Once again, a very similar presentation with this young man. Paul is a very active, young athlete with persistent intermittent back pain especially prevalent when playing sport. His sport involves trunk rotation and flexion which is where he would get pain. Again, red flags were discounted. Patient surprisingly had lots of mobility at his hips and was able to do a standing toe touch to the floor without any pain. Standing extension wasn’t an issue either. Supine Straight Leg Raise did however recreate his pain but not at the same intensity as when he would play sport. He had been experiencing pain but did not allow it to limit his involvement in sport or activity. He recently joined a gym to build some more muscle to help him on the field. In general, this guy’s attitude was flawless. Lots of confidence, lots of willingness to get better, he was definitely on the right track already.

What jumped out at me from this patient was a visit he had to a general practitioner last year when he was 14 years old. What the patient understood from this GP was that in order to fix this issue he would have to avoid sport for the rest of his life. Granted this is a 14 year old boy at the time hearing advice from an adult so it may have been misinterpreted but nonetheless that is what he heard. The patient left the GP clinic in tears thinking he was destined to live a life watching his friends play sport while he sat on the sidelines.
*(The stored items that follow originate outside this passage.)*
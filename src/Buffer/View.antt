-- ===== src/Buffer/View.antt =====
-- Reading the buffer, seen as the list of the bytes that are left.
use windows_libc.Common.{
  ℕ, zero, suc, ◌+◌, ◌≤◌, ◌≡◌, refl, sym, ap, ◌∙◌, inl, inr, false, List, [], ◌∷◌, arith, ltb, leb,
  Bool-cases, length, get_or, drop, drop-cons,
}
use windows_libc.Buffer.{Buffer, readbyte, peekbyte}

-- The buffer `b` has no error and its unread bytes are `xs`.
pub record Reads (b : Buffer) (xs : List ℕ) : Type 0 where
  pub no_error : b.error ≡ false
  pub whole : length b.bytes ≡ b.size
  pub left : drop b.pos b.bytes ≡ xs

get_or-drop : (xs : List ℕ) (n k : ℕ) → get_or (drop n xs) k 0 ≡ get_or xs (n + k) 0
get_or-drop xs zero k = let e : 0 + k ≡ k = omega arith in rw e
get_or-drop [] (suc n) zero = refl
get_or-drop [] (suc n) (suc k) = refl
get_or-drop (x ∷ xs) (suc n) k =
    let e : suc n + k ≡ suc (n + k) = omega arith in rw e (get_or-drop xs n k)

get_or_beyond : (xs : List ℕ) (n : ℕ) → length xs ≤ n → get_or xs n 0 ≡ 0
get_or_beyond [] n h = refl
get_or_beyond (x ∷ xs) zero h = absurd (omega arith)
get_or_beyond (x ∷ xs) (suc n) h = get_or_beyond xs n (omega arith)

-- Looking ahead reads the unread bytes by index, 0 standing behind the last.
pub peekbyte-get_or : {b : Buffer} {xs : List ℕ} (k : ℕ) → Reads b xs → peekbyte b k ≡ get_or xs k 0
unfolding peekbyte
peekbyte-get_or {b} k r = elim (Bool-cases (leb b.size (b.pos + k))) [
  | inl beyond ↦
      simp (r.no_error, beyond, ← r.left, get_or-drop)
        (sym (get_or_beyond b.bytes (b.pos + k) (ground (arith, r.whole))))
  | inr inside ↦ simp (r.no_error, inside, ← r.left, get_or-drop)
]

-- Reading a buffer without error that has unread bytes takes the first of them and leaves the others.
pub readbyte-Reads :
    {b : Buffer} {x : ℕ} {xs : List ℕ}
    → Reads b (x ∷ xs)
    → ((readbyte b).0 ≡ x) × Reads (readbyte b).1 xs
unfolding readbyte
readbyte-Reads {b} {x} {xs} r =
    let (below, here, after) = drop-cons b.bytes b.pos r.left in
    let inside : ltb b.size (b.pos + 1) ≡ false = ground (arith, r.whole) in
    let e : b.pos + 1 ≡ suc b.pos = omega arith in
    let e' : b.pos + 0 ≡ b.pos = omega arith in
    let first : get_or b.bytes b.pos 0 ≡ x =
      rw e' at (sym (get_or-drop b.bytes b.pos 0) ∙ ap (λ ys. get_or ys 0 0) r.left) in
    simp (r.no_error, inside)
      (first, record { no_error = refl; whole = r.whole; left = rw e after })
I reassured the patient that this pain can be managed with appropriate movement and load monitoring in the sport he was playing. He was coming to the end of a long season and we agreed that he would put a big effort into getting to the gym and working on an introductory strength program I helped him create. We also worked on some stretches to encourage movement tolerance of hip flexion without flaring up pain.

“Always ask your patient to tell you what they will tell their mother/wife/husband/friend when they leave the clinic regarding what is causing their pain”

Paul reinforced the following for me:

  • -Be very careful with what you say to a patient, especially if they are a minor. The language a health professional uses can have a calming or a detrimental effect on the patients experience of pain. Here is one great example of that. The professionals he saw may or may not have given him the advice he understood but that is unimportant. What is important is what he heard and understood. Always ask your patient to tell you what they will tell their mother/wife/husband/friend when they leave the clinic regarding what is causing their pain. Ensure you are both on the same page otherwise you could end up in a world of trouble.
  • -If I were to presume the GP did tell this patient to stay away from sport, imagine the consequences. A 14 year old kid with back pain told to avoid sporting activity would have very likely sentenced him to pain for the rest of his life. Reducing movement to combat persistent back pain will make things worse in my experience. It is very rare that good advice for back pain is stop moving unless something very sinister is going on. The truth is usually quite the opposite.
  • -A good attitude is half the treatment. This patient’s attitude was top notch. Many patients come in and want you to fix them. This patient was just fifteen years of age and just wanted reassurance that he was OK to move about and play the sport he loved. The advice he was given in the past could have sent him down a very dark path but he chose to keep moving. Once we have discounted anything malicious happening that’s the best thing he could possibly do. I’m very confident that once he has good support behind him when he needs it, he can manage this pain successfully.

I would be lying if I said every patient interaction teaches me something. There are a lot of these opportunities to learn however and these two very similar teenagers provide lessons for not just clinicians but other guys their age and maybe some parents out there reading.